Kebijakan ini lahir sebagai respons atas kekhawatiran yang merebak di kalangan tenaga pendidik non-ASN pascaterbitnya regulasi baru tersebut. Pemerintah ingin memastikan bahwa roda pendidikan tidak terguncang di tengah proses penataan birokrasi kepegawaian yang sedang berjalan.

Landasan hukum kebijakan ini adalah Undang-Undang Nomor 20 Tahun 2023 tentang Aparatur Sipil Negara, yang mewajibkan pemerintah melakukan penataan pegawai non-ASN secara bertahap.

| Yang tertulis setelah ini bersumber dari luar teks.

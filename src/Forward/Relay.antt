-- ===== src/Forward/Relay.antt =====
-- `connect_unix` and `relay_thread` of src/forward.c: one forwarded connection.
use adb_termux_bridge.Base.{
  Option, none, some, if◌then◌else◌, ℕ, ◌+◌, ◌≡◌, refl, sym, ap, ◌∙◌, inl, inr, Bool, true, false,
  not, ◌&&◌, List, [], ◌∷◌, ◌++◌, append_assoc, arith, ◌==◌, Bool-cases, length, take, drop,
  take-append-drop, Bytes,
}

-- `sun_path` of a `struct sockaddr_un` and the length of the address behind its family, as
-- `connect_unix` fills them: `@` stands for the NUL of an abstract name.
pub record UnixAddress : Type 0 where
  pub sun_path : Bytes
  pub path_len : ℕ

unfoldable pub unix_address : Bytes → UnixAddress
unix_address [] = record { sun_path = []; path_len = 108 }
unix_address (c ∷ path) =
    if c == b'@'
    then record { sun_path = 0 ∷ take 106 path; path_len = 1 + length path }
    else record { sun_path = take 107 (c ∷ path); path_len = 108 }

-- `connect_unix`: what `socket` gives, and whether `connect` takes the address. A socket that is not
-- connected is closed.
unfoldable pub connect_unix : Option ℕ → (UnixAddress → Bool) → Bytes → Option ℕ
unfolding unix_address
connect_unix none connects path = none
connect_unix (some fd) connects path = if connects (unix_address path) then some fd else none

-- The loop of writes for one read: what is written, and whether all of it. An answer is the count of
-- one `write`, 0 for one that is not positive.
unfoldable pub write_out : List ℕ → Bytes → Bytes × Bool
write_out counts [] = ([], true)
write_out [] (b ∷ bs) = ([], false)
write_out (n ∷ counts) (b ∷ bs) =
    let rest = write_out counts (drop n (b ∷ bs)) in
    if n == 0 then ([], false) else (take n (b ∷ bs) ++ rest.0, rest.1)

-- What a round finds on one of the two descriptors: no POLLIN or POLLHUP, or the bytes of its `read`,
-- empty for the end or an error, with the answers of the writes that follow.
pub data Side : Type 0 where
  quiet : Side
  input : Bytes → List ℕ → Side

-- One round: `poll` fails, is interrupted, or finds the two sides; the flag says whether one of them
-- has POLLERR, POLLHUP or POLLNVAL.
pub data RelayRound : Type 0 where
  failed interrupted : RelayRound
  found : Side → Side → Bool → RelayRound

-- One direction in one round: what is passed on, and whether the thread goes on.
unfoldable pub pass_side : Side → Bytes × Bool
unfolding write_out
pass_side quiet = ([], true)
pass_side (input [] counts) = ([], false)
pass_side (input (b ∷ bs) counts) = write_out counts (b ∷ bs)

-- What was written to `fd_b` and to `fd_a`.
pub record Relayed : Type 0 where
  pub to_b : Bytes
  pub to_a : Bytes

-- The loop: what it relayed, and whether it has ended.
unfoldable pub relay_loop : List RelayRound → Relayed → Relayed × Bool
unfolding pass_side
relay_loop [] r = (r, false)
relay_loop (failed ∷ rounds) r = (r, true)
relay_loop (interrupted ∷ rounds) r = relay_loop rounds r
relay_loop (found a b broken ∷ rounds) r =
    let first = pass_side a in
    let second = pass_side b in
    let half = record r { to_b = r.to_b ++ first.0 } in
    let whole = record half { to_a = half.to_a ++ second.0 } in
    elim first.1 [
      | false ↦ (half, true)
      | true ↦ elim (second.1 && not broken) [
        | false ↦ (whole, true)
        | true ↦ relay_loop rounds whole
      ]
    ]

-- What the reads of one side return in all rounds.
abbrev pub side_bytes : Side → Bytes
side_bytes quiet = []
side_bytes (input bs counts) = bs

abbrev pub from_a : List RelayRound → Bytes
from_a [] = []
from_a (found a b broken ∷ rounds) = side_bytes a ++ from_a rounds
from_a (_ ∷ rounds) = from_a rounds

abbrev pub from_b : List RelayRound → Bytes
from_b [] = []
from_b (found a b broken ∷ rounds) = side_bytes b ++ from_b rounds
from_b (_ ∷ rounds) = from_b rounds

-- `out` is the front of `all`.
abbrev pub Front : Bytes → Bytes → Type 0
Front out all = (rest : Bytes) × (out ++ rest ≡ all)

write_out-Front :
    (counts : List ℕ) (bs : Bytes)
    → Front (write_out counts bs).0 bs
      × ((write_out counts bs).1 ≡ true → (write_out counts bs).0 ≡ bs)
unfolding write_out
write_out-Front [] [] = (([], refl), λ h. refl)
write_out-Front (n ∷ counts) [] = (([], refl), λ h. refl)
write_out-Front [] (b ∷ bs) = ((b ∷ bs, refl), λ h. cc)
write_out-Front (n ∷ counts) (b ∷ bs) = elim (Bool-cases (n == 0)) [
  | inl e ↦ rw e ((b ∷ bs, refl), λ h. cc)
  | inr e ↦
      let k = write_out-Front counts (drop n (b ∷ bs)) in
      rw e (
        (
          k.0.0,
          append_assoc (take n (b ∷ bs)) (write_out counts (drop n (b ∷ bs))).0 k.0.0
              ∙ ap (λ t. take n (b ∷ bs) ++ t) k.0.1
              ∙ take-append-drop n (b ∷ bs),
        ),
        λ h. ap (λ t. take n (b ∷ bs) ++ t) (k.1 h) ∙ take-append-drop n (b ∷ bs),
      )
]

pass_side-Front :
    (s : Side)
    → Front (pass_side s).0 (side_bytes s)
      × ((pass_side s).1 ≡ true → (pass_side s).0 ≡ side_bytes s)
unfolding pass_side
pass_side-Front quiet = (([], refl), λ h. refl)
pass_side-Front (input [] counts) = (([], refl), λ h. refl)
pass_side-Front (input (b ∷ bs) counts) = write_out-Front counts (b ∷ bs)

-- More may follow what a front is the front of.
Front-more :
    (before out side later : Bytes)
    → Front out side
    → Front (before ++ out) (before ++ (side ++ later))
Front-more before out side later (rest, e) = (
  rest ++ later,
  append_assoc before out (rest ++ later)
      ∙ ap (λ t. before ++ t) (sym (append_assoc out rest later) ∙ ap (λ t. t ++ later) e),
)

Front-next :
    (before out side later all : Bytes)
    → out ≡ side
    → Front all ((before ++ out) ++ later)
    → Front all (before ++ (side ++ later))
Front-next before out side later all e (rest, k) =
    (rest, k ∙ append_assoc before out later ∙ ap (λ t. before ++ (t ++ later)) e)

Front-none : (before later : Bytes) → Front before (before ++ later)
Front-none before later = (later, refl)

-- Both directions: what was written is the front of what was read.
InOrder : List RelayRound → Relayed → Relayed × Bool → Type 0
InOrder rounds r o =
    Front o.0.to_b (r.to_b ++ from_a rounds) × Front o.0.to_a (r.to_a ++ from_b rounds)

relay_loop-InOrder :
    (rounds : List RelayRound) (r : Relayed) → InOrder rounds r (relay_loop rounds r)
unfolding relay_loop InOrder
relay_loop-InOrder [] r = (Front-none r.to_b [], Front-none r.to_a [])
relay_loop-InOrder (failed ∷ rounds) r =
    (Front-none r.to_b (from_a rounds), Front-none r.to_a (from_b rounds))
relay_loop-InOrder (interrupted ∷ rounds) r = relay_loop-InOrder rounds r
relay_loop-InOrder (found a b broken ∷ rounds) r =
    let (front_a, whole_a) = pass_side-Front a in
    let (front_b, whole_b) = pass_side-Front b in
    let out_a = (pass_side a).0 in
    let out_b = (pass_side b).0 in
    let next =
      relay_loop-InOrder rounds (record { to_b = r.to_b ++ out_a; to_a = r.to_a ++ out_b }) in
    let more_a = Front-more r.to_b out_a (side_bytes a) (from_a rounds) front_a in
    let more_b = Front-more r.to_a out_b (side_bytes b) (from_b rounds) front_b in
    elim (Bool-cases (pass_side a).1) [
      | inr e ↦ rw (e, relay_loop) (more_a, Front-none r.to_a (side_bytes b ++ from_b rounds))
      | inl e ↦ elim (Bool-cases ((pass_side b).1 && not broken)) [
        | inr k ↦ rw (e, relay_loop) (rw (k, relay_loop) (more_a, more_b))
        | inl k ↦
            rw (e, relay_loop)
              (rw (k, relay_loop)
                (
                  Front-next r.to_b out_a (side_bytes a) (from_a rounds) _ (whole_a e) next.0,
                  Front-next r.to_a out_b (side_bytes b) (from_b rounds) _ (whole_b (ground arith))
                      next.1,
                ))
      ]
    ]

-- Whatever the peers and the calls do, what the thread has written to each side is a front of what
-- it read from the other: no byte is lost in between, repeated or moved.
pub relay_loop_in_order :
    (rounds : List RelayRound)
    → (let o = (relay_loop rounds (record { to_b = []; to_a = [] })).0 in
        Front o.to_b (from_a rounds) × Front o.to_a (from_b rounds))
unfolding InOrder
relay_loop_in_order rounds = relay_loop-InOrder rounds (record { to_b = []; to_a = [] })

Aturan ini berlaku bagi instansi pusat maupun daerah, termasuk satuan pendidikan yang dikelola pemerintah daerah.

Menteri Pendidikan Dasar dan Menengah Abdul Mu’ti menyampaikan bahwa kebijakan ini bukan sekadar urusan administrasi kepegawaian. Lebih dari itu, langkah ini dirancang untuk menjaga keberlangsungan pembelajaran di seluruh pelosok Indonesia sekaligus memberikan kepastian status dan kesejahteraan bagi para guru.